Segment Open

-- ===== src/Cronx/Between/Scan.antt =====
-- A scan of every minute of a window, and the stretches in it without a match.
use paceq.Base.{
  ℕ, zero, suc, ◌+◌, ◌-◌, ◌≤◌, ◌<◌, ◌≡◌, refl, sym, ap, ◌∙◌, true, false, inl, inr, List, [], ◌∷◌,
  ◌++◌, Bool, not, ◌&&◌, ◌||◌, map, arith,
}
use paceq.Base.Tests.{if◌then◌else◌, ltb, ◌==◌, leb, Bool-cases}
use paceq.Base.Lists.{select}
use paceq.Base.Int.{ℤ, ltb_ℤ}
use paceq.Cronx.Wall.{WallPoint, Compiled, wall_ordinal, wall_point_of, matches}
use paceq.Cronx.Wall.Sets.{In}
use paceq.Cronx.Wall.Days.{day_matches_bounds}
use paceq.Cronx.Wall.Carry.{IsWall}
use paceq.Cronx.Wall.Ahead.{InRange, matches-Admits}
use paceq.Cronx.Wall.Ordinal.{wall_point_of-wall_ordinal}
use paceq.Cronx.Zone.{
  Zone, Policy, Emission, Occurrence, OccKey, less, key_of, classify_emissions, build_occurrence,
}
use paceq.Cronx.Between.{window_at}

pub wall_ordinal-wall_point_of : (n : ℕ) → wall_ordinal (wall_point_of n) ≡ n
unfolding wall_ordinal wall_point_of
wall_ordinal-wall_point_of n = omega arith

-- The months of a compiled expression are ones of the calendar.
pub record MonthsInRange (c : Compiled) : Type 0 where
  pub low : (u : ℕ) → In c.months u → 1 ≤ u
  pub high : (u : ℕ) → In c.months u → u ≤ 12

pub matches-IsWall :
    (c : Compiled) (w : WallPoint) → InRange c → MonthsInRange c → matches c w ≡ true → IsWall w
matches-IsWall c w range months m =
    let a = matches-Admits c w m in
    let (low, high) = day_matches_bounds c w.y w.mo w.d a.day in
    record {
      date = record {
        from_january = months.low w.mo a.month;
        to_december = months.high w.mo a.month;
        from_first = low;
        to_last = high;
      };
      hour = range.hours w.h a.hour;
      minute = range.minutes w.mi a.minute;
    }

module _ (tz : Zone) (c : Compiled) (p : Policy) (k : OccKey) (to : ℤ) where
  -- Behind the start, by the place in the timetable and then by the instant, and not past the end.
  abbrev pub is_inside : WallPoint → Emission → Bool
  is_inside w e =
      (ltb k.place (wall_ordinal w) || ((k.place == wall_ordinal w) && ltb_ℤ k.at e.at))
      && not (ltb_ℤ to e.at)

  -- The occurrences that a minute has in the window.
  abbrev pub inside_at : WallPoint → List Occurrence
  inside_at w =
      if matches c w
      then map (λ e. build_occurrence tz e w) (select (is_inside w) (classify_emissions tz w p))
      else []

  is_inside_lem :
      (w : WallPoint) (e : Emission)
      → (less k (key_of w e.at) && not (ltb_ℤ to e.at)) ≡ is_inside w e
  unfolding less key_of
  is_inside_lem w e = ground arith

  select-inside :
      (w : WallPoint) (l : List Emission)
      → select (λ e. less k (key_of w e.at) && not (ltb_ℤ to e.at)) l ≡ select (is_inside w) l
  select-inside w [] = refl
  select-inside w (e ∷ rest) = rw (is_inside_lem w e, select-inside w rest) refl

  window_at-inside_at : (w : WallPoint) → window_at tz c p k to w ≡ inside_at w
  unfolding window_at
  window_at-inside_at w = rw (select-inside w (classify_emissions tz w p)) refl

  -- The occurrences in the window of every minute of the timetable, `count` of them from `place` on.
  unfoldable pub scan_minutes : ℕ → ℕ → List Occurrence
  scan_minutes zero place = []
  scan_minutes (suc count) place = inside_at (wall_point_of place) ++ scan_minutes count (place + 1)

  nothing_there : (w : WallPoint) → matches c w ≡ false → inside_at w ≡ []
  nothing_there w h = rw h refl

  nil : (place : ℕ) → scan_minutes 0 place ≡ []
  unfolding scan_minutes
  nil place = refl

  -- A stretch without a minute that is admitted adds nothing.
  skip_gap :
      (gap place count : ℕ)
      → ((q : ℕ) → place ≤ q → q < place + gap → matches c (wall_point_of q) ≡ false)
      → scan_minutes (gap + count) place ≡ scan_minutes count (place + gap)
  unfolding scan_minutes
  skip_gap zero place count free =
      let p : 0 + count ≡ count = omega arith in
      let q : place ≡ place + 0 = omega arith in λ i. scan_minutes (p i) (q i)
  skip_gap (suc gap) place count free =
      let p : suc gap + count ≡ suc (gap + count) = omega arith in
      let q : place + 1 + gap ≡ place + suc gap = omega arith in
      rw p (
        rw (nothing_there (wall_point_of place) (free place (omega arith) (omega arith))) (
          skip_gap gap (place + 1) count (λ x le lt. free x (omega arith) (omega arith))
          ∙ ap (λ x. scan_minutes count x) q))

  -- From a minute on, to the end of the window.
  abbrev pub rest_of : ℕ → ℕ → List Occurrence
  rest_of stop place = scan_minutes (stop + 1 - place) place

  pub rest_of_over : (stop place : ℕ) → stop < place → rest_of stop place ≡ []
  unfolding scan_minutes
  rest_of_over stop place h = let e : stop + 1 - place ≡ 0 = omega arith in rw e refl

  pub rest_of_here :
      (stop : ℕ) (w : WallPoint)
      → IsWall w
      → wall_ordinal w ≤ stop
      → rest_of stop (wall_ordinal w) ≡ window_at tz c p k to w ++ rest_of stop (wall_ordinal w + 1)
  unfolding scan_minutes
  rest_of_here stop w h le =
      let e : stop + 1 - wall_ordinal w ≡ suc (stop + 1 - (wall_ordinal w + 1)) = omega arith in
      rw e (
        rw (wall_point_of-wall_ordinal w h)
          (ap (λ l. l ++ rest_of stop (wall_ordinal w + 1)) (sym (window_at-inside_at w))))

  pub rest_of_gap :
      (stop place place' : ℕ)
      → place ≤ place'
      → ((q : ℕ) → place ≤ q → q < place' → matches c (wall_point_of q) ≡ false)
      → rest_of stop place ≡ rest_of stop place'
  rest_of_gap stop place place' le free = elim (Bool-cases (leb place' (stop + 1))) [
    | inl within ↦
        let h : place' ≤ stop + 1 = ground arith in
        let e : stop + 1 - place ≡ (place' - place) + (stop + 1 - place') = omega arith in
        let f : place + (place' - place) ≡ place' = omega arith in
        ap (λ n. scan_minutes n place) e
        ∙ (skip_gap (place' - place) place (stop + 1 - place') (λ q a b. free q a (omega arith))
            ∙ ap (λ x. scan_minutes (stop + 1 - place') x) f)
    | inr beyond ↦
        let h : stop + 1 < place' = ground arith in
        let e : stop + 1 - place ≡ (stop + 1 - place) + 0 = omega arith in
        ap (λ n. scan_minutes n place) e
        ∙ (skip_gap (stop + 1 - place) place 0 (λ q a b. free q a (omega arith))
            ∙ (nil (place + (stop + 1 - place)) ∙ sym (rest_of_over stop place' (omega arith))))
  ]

Segment Closed
Segment Open

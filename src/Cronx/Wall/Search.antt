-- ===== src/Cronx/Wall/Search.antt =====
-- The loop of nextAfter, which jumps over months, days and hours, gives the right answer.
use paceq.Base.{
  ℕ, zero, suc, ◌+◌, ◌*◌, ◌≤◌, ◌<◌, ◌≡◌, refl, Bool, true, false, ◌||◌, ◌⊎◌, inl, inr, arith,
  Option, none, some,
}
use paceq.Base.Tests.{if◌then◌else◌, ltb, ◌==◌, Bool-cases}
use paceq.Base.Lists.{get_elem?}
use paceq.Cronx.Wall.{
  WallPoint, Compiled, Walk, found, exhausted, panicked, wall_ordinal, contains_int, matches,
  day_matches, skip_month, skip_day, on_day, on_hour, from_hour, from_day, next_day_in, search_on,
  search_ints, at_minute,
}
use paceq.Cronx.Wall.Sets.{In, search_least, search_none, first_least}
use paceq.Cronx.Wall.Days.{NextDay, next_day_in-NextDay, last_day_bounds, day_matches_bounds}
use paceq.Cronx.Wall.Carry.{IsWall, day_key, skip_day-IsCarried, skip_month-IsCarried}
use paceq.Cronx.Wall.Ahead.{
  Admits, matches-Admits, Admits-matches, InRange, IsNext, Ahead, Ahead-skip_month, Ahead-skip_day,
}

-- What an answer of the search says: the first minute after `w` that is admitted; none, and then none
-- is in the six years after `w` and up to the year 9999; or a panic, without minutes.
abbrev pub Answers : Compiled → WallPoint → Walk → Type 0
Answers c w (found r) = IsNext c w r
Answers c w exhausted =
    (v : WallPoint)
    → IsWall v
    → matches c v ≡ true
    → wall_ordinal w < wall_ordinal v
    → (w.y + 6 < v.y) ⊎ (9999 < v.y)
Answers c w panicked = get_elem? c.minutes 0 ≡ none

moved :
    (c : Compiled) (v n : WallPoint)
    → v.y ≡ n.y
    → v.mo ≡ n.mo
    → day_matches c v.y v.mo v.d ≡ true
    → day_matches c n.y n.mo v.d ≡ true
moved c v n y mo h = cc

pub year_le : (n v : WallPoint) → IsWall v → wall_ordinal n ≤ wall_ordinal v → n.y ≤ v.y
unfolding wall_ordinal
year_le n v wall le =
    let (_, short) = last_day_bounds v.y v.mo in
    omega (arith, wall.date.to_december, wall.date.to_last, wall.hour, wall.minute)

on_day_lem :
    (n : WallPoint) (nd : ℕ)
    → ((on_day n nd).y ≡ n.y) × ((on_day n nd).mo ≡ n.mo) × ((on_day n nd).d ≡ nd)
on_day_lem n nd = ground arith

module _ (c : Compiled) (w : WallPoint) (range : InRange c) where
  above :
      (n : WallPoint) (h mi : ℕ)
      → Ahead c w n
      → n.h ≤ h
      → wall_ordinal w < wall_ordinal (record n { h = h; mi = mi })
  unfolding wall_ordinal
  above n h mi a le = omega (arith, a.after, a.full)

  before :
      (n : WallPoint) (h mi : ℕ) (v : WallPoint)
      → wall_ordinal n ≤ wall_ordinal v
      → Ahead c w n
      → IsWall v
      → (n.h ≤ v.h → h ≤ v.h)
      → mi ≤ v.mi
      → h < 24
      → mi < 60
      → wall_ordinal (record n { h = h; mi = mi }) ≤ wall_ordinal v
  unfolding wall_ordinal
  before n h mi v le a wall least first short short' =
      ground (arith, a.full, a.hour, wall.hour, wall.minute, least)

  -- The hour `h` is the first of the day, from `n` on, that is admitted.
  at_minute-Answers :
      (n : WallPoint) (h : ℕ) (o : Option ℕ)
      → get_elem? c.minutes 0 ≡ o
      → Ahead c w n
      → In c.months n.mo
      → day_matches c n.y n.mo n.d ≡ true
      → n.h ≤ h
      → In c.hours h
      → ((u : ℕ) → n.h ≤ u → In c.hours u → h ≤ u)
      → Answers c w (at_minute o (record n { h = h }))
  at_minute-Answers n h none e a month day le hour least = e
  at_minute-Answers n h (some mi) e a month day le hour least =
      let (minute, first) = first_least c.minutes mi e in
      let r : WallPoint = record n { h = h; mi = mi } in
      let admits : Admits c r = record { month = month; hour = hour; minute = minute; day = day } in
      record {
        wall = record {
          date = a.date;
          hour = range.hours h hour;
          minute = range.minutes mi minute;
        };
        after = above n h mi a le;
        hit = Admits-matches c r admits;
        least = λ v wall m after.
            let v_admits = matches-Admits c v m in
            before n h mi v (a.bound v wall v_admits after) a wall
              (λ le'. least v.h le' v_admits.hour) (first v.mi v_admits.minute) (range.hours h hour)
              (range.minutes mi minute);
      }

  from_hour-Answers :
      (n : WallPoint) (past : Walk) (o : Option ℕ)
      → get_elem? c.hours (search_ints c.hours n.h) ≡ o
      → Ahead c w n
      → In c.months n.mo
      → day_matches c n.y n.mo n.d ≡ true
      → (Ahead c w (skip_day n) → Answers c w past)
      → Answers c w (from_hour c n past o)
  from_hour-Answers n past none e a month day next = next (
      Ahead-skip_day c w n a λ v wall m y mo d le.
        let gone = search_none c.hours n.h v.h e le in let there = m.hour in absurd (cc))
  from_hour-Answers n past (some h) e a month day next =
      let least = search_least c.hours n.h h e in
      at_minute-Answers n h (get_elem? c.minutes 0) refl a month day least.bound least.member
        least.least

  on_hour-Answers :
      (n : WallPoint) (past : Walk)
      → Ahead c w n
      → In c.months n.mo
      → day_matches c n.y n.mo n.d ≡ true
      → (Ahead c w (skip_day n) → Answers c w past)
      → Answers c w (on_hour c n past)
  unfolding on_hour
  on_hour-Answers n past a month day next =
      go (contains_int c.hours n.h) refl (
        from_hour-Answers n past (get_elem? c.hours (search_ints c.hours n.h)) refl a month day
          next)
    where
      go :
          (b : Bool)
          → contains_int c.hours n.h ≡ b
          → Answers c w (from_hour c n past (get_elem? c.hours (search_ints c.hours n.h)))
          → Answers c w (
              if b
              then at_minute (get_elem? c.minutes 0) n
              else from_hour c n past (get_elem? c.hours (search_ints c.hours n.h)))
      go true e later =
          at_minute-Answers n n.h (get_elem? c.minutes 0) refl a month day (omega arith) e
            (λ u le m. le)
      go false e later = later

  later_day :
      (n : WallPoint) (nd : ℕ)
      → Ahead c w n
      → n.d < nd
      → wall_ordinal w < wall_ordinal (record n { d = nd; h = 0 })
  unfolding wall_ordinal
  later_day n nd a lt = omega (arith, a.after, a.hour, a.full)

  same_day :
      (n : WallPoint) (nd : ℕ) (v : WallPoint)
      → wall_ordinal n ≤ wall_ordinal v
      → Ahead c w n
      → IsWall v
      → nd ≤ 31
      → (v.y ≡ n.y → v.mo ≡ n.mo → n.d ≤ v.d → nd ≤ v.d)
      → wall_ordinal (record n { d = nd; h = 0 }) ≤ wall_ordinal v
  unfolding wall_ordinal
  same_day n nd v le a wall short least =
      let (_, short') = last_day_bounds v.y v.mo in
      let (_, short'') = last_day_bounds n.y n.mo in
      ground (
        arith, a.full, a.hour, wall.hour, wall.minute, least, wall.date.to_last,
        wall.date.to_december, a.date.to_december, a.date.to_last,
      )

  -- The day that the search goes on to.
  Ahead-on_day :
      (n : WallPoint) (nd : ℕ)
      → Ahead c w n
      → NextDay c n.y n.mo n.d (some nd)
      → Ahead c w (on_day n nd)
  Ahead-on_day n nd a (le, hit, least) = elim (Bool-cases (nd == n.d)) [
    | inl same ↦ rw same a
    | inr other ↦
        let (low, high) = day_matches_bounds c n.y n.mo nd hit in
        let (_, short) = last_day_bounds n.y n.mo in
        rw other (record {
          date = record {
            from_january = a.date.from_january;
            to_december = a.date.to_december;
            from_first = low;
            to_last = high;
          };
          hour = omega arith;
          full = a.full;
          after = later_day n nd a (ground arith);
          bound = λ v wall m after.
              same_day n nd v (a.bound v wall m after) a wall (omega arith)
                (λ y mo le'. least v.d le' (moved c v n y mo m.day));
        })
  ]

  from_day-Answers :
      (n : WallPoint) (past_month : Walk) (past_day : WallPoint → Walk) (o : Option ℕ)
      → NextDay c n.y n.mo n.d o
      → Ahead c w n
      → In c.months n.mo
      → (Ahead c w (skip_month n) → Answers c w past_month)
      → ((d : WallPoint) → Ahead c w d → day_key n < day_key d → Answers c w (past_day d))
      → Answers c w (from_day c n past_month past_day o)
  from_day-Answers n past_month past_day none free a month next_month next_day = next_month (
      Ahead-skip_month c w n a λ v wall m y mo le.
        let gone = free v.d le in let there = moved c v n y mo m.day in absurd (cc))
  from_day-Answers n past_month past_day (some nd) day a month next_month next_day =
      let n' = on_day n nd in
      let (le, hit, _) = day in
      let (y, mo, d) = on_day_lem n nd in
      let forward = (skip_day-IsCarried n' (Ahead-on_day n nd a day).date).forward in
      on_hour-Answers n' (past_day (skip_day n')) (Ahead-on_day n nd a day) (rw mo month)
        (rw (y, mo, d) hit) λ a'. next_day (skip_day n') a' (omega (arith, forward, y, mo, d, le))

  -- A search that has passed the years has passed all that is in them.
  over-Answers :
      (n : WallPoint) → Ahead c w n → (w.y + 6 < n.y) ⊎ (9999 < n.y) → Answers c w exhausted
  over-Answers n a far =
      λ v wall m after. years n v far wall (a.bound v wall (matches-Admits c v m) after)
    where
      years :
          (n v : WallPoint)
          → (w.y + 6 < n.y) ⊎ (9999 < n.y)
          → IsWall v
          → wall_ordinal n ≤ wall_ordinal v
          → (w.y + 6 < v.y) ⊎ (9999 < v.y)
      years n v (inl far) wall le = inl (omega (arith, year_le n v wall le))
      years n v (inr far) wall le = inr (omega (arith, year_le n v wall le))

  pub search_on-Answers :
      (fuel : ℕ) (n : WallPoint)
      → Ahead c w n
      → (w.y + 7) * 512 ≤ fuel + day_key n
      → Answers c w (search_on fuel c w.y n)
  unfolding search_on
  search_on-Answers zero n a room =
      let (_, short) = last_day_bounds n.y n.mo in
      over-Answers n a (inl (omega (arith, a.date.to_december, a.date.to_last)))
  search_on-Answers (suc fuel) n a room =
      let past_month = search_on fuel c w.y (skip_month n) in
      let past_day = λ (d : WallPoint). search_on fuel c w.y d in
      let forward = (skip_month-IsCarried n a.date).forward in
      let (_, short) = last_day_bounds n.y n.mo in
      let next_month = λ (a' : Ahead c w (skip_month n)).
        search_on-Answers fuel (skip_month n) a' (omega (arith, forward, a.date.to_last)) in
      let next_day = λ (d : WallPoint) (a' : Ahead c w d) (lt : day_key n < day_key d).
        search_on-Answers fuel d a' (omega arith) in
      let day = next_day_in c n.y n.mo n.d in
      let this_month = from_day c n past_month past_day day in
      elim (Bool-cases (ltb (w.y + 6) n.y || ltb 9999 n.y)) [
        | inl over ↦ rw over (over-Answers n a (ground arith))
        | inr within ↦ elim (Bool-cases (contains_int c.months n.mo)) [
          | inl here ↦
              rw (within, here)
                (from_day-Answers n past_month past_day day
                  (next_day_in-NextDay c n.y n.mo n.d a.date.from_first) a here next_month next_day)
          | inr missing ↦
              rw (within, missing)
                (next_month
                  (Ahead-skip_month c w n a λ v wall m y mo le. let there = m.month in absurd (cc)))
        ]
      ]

Segment Closed

## What you have to do
Go through the records line by line, and copy each line that holds the string "gone".

## Answer for the task
        let gone = search_none c.hours n.h v.h e le in let there = m.hour in absurd (cc))
        let gone = free v.d le in let there = moved c v n y mo m.day in absurd (cc))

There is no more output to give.